Activity: Below are records; reproduce exactly the lines from the one that has "pub principal_arn : Text" through the one that has "unwrap_or (some s) fallback = s", ends included, and nothing more.

Saved entries
┌──

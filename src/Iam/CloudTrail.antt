-- ===== src/Iam/CloudTrail.antt =====
-- CloudTrail events: crates/activable-iam-engine/src/cloudtrail.rs. `serde_json::from_str` and
-- `Value::to_string` are parameters.
pub mod Detect
pub mod Attempts
pub mod Justified
use activable_cloud.Prelude.{
  ℕ, ◌+◌, List, [], ◌∷◌, ◌++◌, Option, none, some, Text, codes, is_empty, length, if◌then◌else◌,
  ◌==◌,
}
use activable_cloud.Prelude.Errors.{Result, ok, err, ◌>>=◌, ok_or, map_err}
use activable_cloud.Prelude.Options
use activable_cloud.Json.{
  Value, null, boolean, number, string, array, object, Items, nil, cons, as_array, as_str, get_in,
}

pub record CloudTrailResource : Type 0 where
  pub resource_type : Text
  pub resource_arn : Text

pub record CloudTrailEvent : Type 0 where
  pub event_id : Text
  pub event_time : Text
  pub event_name : Text
  pub event_source : Text
  pub principal_arn : Text
  pub source_ip : Text
  pub error_code : Option Text
  pub error_message : Option Text
  pub resources : List CloudTrailResource
  pub request_parameters : Option Value

-- The success rate is a quotient: the numbers that are divided.
pub record CloudTrailBatchResult : Type 0 where
  pub events : List CloudTrailEvent
  pub malformed_count : ℕ
  pub total_count : ℕ
  pub parse_success_rate : ℕ × ℕ
  pub quarantined : List Text

-- `get(key).and_then(|v| v.as_str())`.
abbrev pub text_in : Text → Value → Option Text
text_in key v = Options.◌>>=◌ (get_in key v) as_str

abbrev pub unwrap_or : Option Text → Text → Text
unwrap_or none fallback = fallback
unwrap_or (some s) fallback = s

-- The entries of the resources that have an ARN.
abbrev pub resources_of : Items → List CloudTrailResource
resources_of nil = []
resources_of (cons r rest) =
    let resource_arn = unwrap_or (text_in (codes "ARN") r) [] in
    let later = resources_of rest in
    if is_empty resource_arn
    then later
    else record {
      resource_type = unwrap_or (text_in (codes "type") r) (codes "unknown");
      resource_arn = resource_arn;
    }
      ∷ later

abbrev pub resources_in : Option Items → List CloudTrailResource
resources_in none = []
resources_in (some items) = resources_of items

-- The event of a value that was parsed; where a required field is missing, the text is returned.
unfoldable pub event_of : Text → Value → Result Text CloudTrailEvent
event_of json parsed = do
  event_id ← ok_or (text_in (codes "eventID") parsed) json
  event_time ← ok_or (text_in (codes "eventTime") parsed) json
  event_name ← ok_or (text_in (codes "eventName") parsed) json
  event_source ← ok_or (text_in (codes "eventSource") parsed) json
  principal_arn ←
      ok_or (Options.◌>>=◌ (get_in (codes "userIdentity") parsed) (text_in (codes "arn"))) json
  ok (record {
    event_id = event_id;
    event_time = event_time;
    event_name = event_name;
    event_source = event_source;
    principal_arn = principal_arn;
    source_ip = unwrap_or (text_in (codes "sourceIPAddress") parsed) (codes "unknown");
    error_code = text_in (codes "errorCode") parsed;
    error_message = text_in (codes "errorMessage") parsed;
    resources = resources_in (Options.◌>>=◌ (get_in (codes "resources") parsed) as_array);
    request_parameters = get_in (codes "requestParameters") parsed;
  })

unfoldable pub parse_cloudtrail_event :
    (Text → Result Text Value) → Text → Result Text CloudTrailEvent
unfolding event_of
parse_cloudtrail_event from_str json = do
  parsed ← map_err (λ e. json) (from_str json)
  event_of json parsed

abbrev pub unreadable : Text → CloudTrailBatchResult
unreadable json = record {
  events = [];
  malformed_count = 1;
  total_count = 1;
  parse_success_rate = (0, 1);
  quarantined = json ∷ [];
}

-- `events` and `quarantined` after the loop.
unfoldable pub sort_records :
    (Text → Result Text Value) → (Value → Text) → Items → List CloudTrailEvent × List Text
sort_records from_str to_string nil = ([], [])
sort_records from_str to_string (cons r rest) =
    let raw_json = to_string r in
    let (events, quarantined) = sort_records from_str to_string rest in
    elim (parse_cloudtrail_event from_str raw_json) [
      | ok event ↦ (event ∷ events, quarantined)
      | err e ↦ (events, raw_json ∷ quarantined)
    ]

-- A bare array, or an object that holds one under `Records`.
abbrev pub records_of : Value → Option Items
records_of (array items) = some items
records_of v = Options.◌>>=◌ (get_in (codes "Records") v) as_array

abbrev pub batch_of : List CloudTrailEvent × List Text → CloudTrailBatchResult
batch_of (events, quarantined) =
    let total_count = length events + length quarantined in
    record {
      events = events;
      malformed_count = length quarantined;
      total_count = total_count;
      parse_success_rate = if total_count == 0 then (0, 1) else (length events, total_count);
      quarantined = quarantined;
    }

-- From the value, if there is one.
abbrev pub batch_in :
    (Text → Result Text Value) → (Value → Text) → Text → Result Text Value → CloudTrailBatchResult
batch_in from_str to_string json (err e) = unreadable json
batch_in from_str to_string json (ok parsed) = elim (records_of parsed) [
  | none ↦ unreadable json
  | some records ↦ batch_of (sort_records from_str to_string records)
]

unfoldable pub parse_cloudtrail_batch :
    (Text → Result Text Value) → (Value → Text) → Text → CloudTrailBatchResult
unfolding sort_records
parse_cloudtrail_batch from_str to_string json = batch_in from_str to_string json (from_str json)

└──

Answer to the exercise:
  pub principal_arn : Text
  pub source_ip : Text
  pub error_code : Option Text
  pub error_message : Option Text
  pub resources : List CloudTrailResource
  pub request_parameters : Option Value

-- The success rate is a quotient: the numbers that are divided.
pub record CloudTrailBatchResult : Type 0 where
  pub events : List CloudTrailEvent
  pub malformed_count : ℕ
  pub total_count : ℕ
  pub parse_success_rate : ℕ × ℕ
  pub quarantined : List Text

-- `get(key).and_then(|v| v.as_str())`.
abbrev pub text_in : Text → Value → Option Text
text_in key v = Options.◌>>=◌ (get_in key v) as_str

abbrev pub unwrap_or : Option Text → Text → Text
unwrap_or none fallback = fallback
unwrap_or (some s) fallback = s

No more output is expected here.